Sonny Prein, een van de groepsleden, werd geïnterviewd door Junita den Enting voor De Orkaan. Het verdwijnen van hun vaste plek Famiri aan de Vinkenstraat was volgens hem het begin van de ellende. De groep kwam op straat terecht en verplaatste zich eerst naar het Steve Bikoplein en later naar het Veldpark.
De Stichting Samen Sterk (opvolger van Surbeza die Famiri exploiteerde) zou verhuizen naar de voormalige kleuterschool ’t Anker (Slachthuisbuurt) maar dat is nooit doorgegaan. Het pand werd wel aangekocht, maar de stichting lag overhoop met de buurt en kwam in opspraak nadat er een wietplantage was aangetroffen in het pand.

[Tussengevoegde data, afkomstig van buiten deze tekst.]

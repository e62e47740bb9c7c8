-- ===== src/Net/Timer/Schedule.antt =====
-- The timer list as the times at which its timers go off: what `tmset`, `tmclear`, `tmleft` and the
-- timer process do to it.
use xinu_swd.Prelude.{
  ℕ, ◌+◌, ◌-◌, ◌≡◌, refl, ap, ◌∙◌, inl, inr, Bool, true, false, ◌&&◌, List, [], ◌∷◌, arith,
  if◌then◌else◌, ◌==◌, ltb, Bool-cases, ltb→lt,
}
use xinu_swd.Prelude.Int.{pos, ◌-ℤ◌}
use xinu_swd.Net.Timer

-- When a timer goes off, and the message that it then sends.
pub record Alarm : Type 0 where
  pub at : ℕ
  pub port : ℕ
  pub portlen : ℕ
  pub msg : ℕ

-- The alarms of a list whose first entry counts from `start`.
abbrev pub alarms : ℕ → List Timer.Tqent → List Alarm
alarms start [] = []
alarms start (tq ∷ tqs) =
    record { at = start + tq.timeleft; port = tq.port; portlen = tq.portlen; msg = tq.msg }
    ∷ alarms (start + tq.timeleft) tqs

abbrev pub is_alarm : ℕ → ℕ → Alarm → Bool
is_alarm port msg a = a.port == port && a.msg == msg

-- The first alarm of a port and message is gone.
abbrev pub without : ℕ → ℕ → List Alarm → List Alarm
without port msg [] = []
without port msg (a ∷ rest) = if is_alarm port msg a then rest else a ∷ without port msg rest

-- Behind all the alarms that do not go off later.
abbrev pub in_order : Alarm → List Alarm → List Alarm
in_order b [] = b ∷ []
in_order b (a ∷ rest) = if ltb b.at a.at then b ∷ a ∷ rest else a ∷ in_order b rest

-- The alarm of one entry, and the alarms from it on, by the time at which it goes off.
abbrev pub alarm : ℕ → Timer.Tqent → Alarm
alarm at tq = record { at = at; port = tq.port; portlen = tq.portlen; msg = tq.msg }

abbrev pub alarms_from : Timer.Tqent → List Timer.Tqent → ℕ → List Alarm
alarms_from tq tqs at = alarm at tq ∷ alarms at tqs

alarms-lengthen :
    (n start : ℕ) (tqs : List Timer.Tqent)
    → alarms start (Timer.lengthen n tqs) ≡ alarms (start + n) tqs
alarms-lengthen n start [] = refl
alarms-lengthen n start (tq ∷ tqs) = ap (alarms_from tq tqs) (omega arith)

-- After `tmclear` the first timer with the port and message is gone, and the others go off when they
-- did.
pub alarms-tmclear :
    (now port msg start : ℕ) (tqs : List Timer.Tqent)
    → alarms start (Timer.tmclear now port msg tqs).1 ≡ without port msg (alarms start tqs)
unfolding Timer.tmclear
alarms-tmclear now port msg start [] = refl
alarms-tmclear now port msg start (tq ∷ tqs) = elim (Bool-cases (Timer.is_timer port msg tq)) [
  | inl e ↦ rw (e, alarms-lengthen tq.timeleft start tqs)
  | inr e ↦ rw (e, alarms-tmclear now port msg (start + tq.timeleft) tqs)
]

ltb-add : (s a b : ℕ) → ltb (s + a) (s + b) ≡ ltb a b
ltb-add s a b = ground arith

-- An entry whose time counts from one that goes off at `n`.
abbrev sooner : ℕ → Timer.Tqent → Timer.Tqent
sooner n tq = record tq { timeleft = tq.timeleft - n }

ltb_sum : (s a b : ℕ) → ltb a b ≡ false → s + b + (a - b) ≡ s + a
ltb_sum s a b h = ground arith

alarms-place :
    (new : Timer.Tqent) (start : ℕ) (tqs : List Timer.Tqent)
    → alarms start (Timer.place new tqs)
      ≡ in_order (alarm (start + new.timeleft) new) (alarms start tqs)
unfolding Timer.place
alarms-place new start [] = refl
alarms-place new start (tq ∷ tqs) = elim (Bool-cases (ltb new.timeleft tq.timeleft)) [
  | inl e ↦
      rw (ltb-add, e)
        (ap (λ t. alarm (start + new.timeleft) new ∷ alarms_from tq tqs t)
          (omega (arith, ltb→lt _ _ e)))
  | inr e ↦
      rw (ltb-add, e, alarms-place (sooner tq.timeleft new) (start + tq.timeleft) tqs)
        (ap
          (λ t.
            alarm (start + tq.timeleft) tq
            ∷ in_order (alarm t new) (alarms (start + tq.timeleft) tqs))
          (ltb_sum start new.timeleft tq.timeleft e))
]

-- After `tmset` the alarms of the timer list are the old ones, without the first for the same port
-- and message, and the new one put in order among them.
pub tmset-alarms :
    (now port portlen msg time : ℕ) (tqs : List Timer.Tqent)
    → alarms 0 (Timer.tmset now port portlen msg time tqs).0
      ≡ in_order
          (record { at = time; port = port; portlen = portlen; msg = msg })
          (without port msg (alarms 0 tqs))
unfolding Timer.tmset
tmset-alarms now port portlen msg time tqs =
    rw (alarms-place, alarms-tmclear)
      (ap
        (λ t.
          in_order (record { at = t; port = port; portlen = portlen; msg = msg })
            (without port msg (alarms 0 tqs)))
        (omega arith))

-- No timer of the list has the port and message.
abbrev pub IsUnset : ℕ → ℕ → List Timer.Tqent → Type 0
IsUnset port msg [] = Unit
IsUnset port msg (tq ∷ tqs) = (Timer.is_timer port msg tq ≡ false) × IsUnset port msg tqs

tmclear_none :
    (now port msg : ℕ) (tqs : List Timer.Tqent)
    → IsUnset port msg tqs
    → (Timer.tmclear now port msg tqs).1 ≡ tqs
unfolding Timer.tmclear
tmclear_none now port msg [] h = refl
tmclear_none now port msg (tq ∷ tqs) h = rw (h.0, tmclear_none now port msg tqs h.1)

tmclear-place :
    (now port msg : ℕ) (new : Timer.Tqent) (tqs : List Timer.Tqent)
    → Timer.is_timer port msg new ≡ true
    → IsUnset port msg tqs
    → Timer.tmclear now port msg (Timer.place new tqs) ≡ (pos now -ℤ pos new.time, tqs)
unfolding Timer.tmclear Timer.place
tmclear-place now port msg new [] t h = rw t
tmclear-place now port msg new (tq ∷ tqs) t h = elim (Bool-cases (ltb new.timeleft tq.timeleft)) [
  | inl e ↦
      rw (e, t)
        (ap (λ n. (pos now -ℤ pos new.time, record tq { timeleft = n } ∷ tqs))
          (omega (arith, ltb→lt _ _ e)))
  | inr e ↦ rw (e, h.0, tmclear-place now port msg (sooner tq.timeleft new) tqs t h.1)
]

tmleft-place :
    (port msg start : ℕ) (new : Timer.Tqent) (tqs : List Timer.Tqent)
    → Timer.is_timer port msg new ≡ true
    → IsUnset port msg tqs
    → Timer.tmleft_loop port msg start (Timer.place new tqs) ≡ start + new.timeleft
unfolding Timer.tmleft_loop Timer.place
tmleft-place port msg start new [] t h = rw t
tmleft-place port msg start new (tq ∷ tqs) t h = elim (Bool-cases (ltb new.timeleft tq.timeleft)) [
  | inl e ↦ rw (e, t)
  | inr e ↦
      rw (e, h.0, tmleft-place port msg (start + tq.timeleft) (sooner tq.timeleft new) tqs t h.1)
        (ltb_sum start new.timeleft tq.timeleft e)
]

is_timer_self : (port msg : ℕ) → (port == port && msg == msg) ≡ true
is_timer_self port msg = ground arith

abbrev set_at : ℕ → ℕ → ℕ → ℕ → ℕ → Timer.Tqent
set_at now port portlen msg time = record {
  timeleft = time;
  time = now;
  port = port;
  portlen = portlen;
  msg = msg;
}

-- When the timer is not set: after `tmset`, `tmleft` returns its time, and `tmclear` returns the
-- time since then and gives back the list as it was.
pub tmclear-tmset :
    (now later port portlen msg time : ℕ) (tqs : List Timer.Tqent)
    → IsUnset port msg tqs
    → (Timer.tmleft port msg (Timer.tmset now port portlen msg time tqs).0 ≡ time)
      × (Timer.tmclear later port msg (Timer.tmset now port portlen msg time tqs).0
          ≡ (pos later -ℤ pos now, tqs))
unfolding Timer.tmset Timer.tmleft
tmclear-tmset now later port portlen msg time tqs h = rw (tmclear_none now port msg tqs h) (
  tmleft-place port msg 0 (set_at now port portlen msg time) tqs (is_timer_self port msg) h
      ∙ omega arith,
  tmclear-place later port msg (set_at now port portlen msg time) tqs (is_timer_self port msg) h,
)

De overlast is zeker afgenomen, geen vuurtjes meer, geen tenten. Wel nog alcohol en drugsgebruik (softdrugs). Maar van schreeuwen, ruzies etc in de nacht is geen sprake meer voor zover te constateren. Ook lijken de groepjes wat kleiner geworden. Soms wordt er zelfs 1,5 meter afstand gehouden maar dat is nog lastig. Er wordt nog wel gedeald maar de verkeersbewegingen van gebruikers lijken wat minder.
Gebruiken onder begeleiding van professionals;
“don't Bogart that joint my friend,
pass it over to me”.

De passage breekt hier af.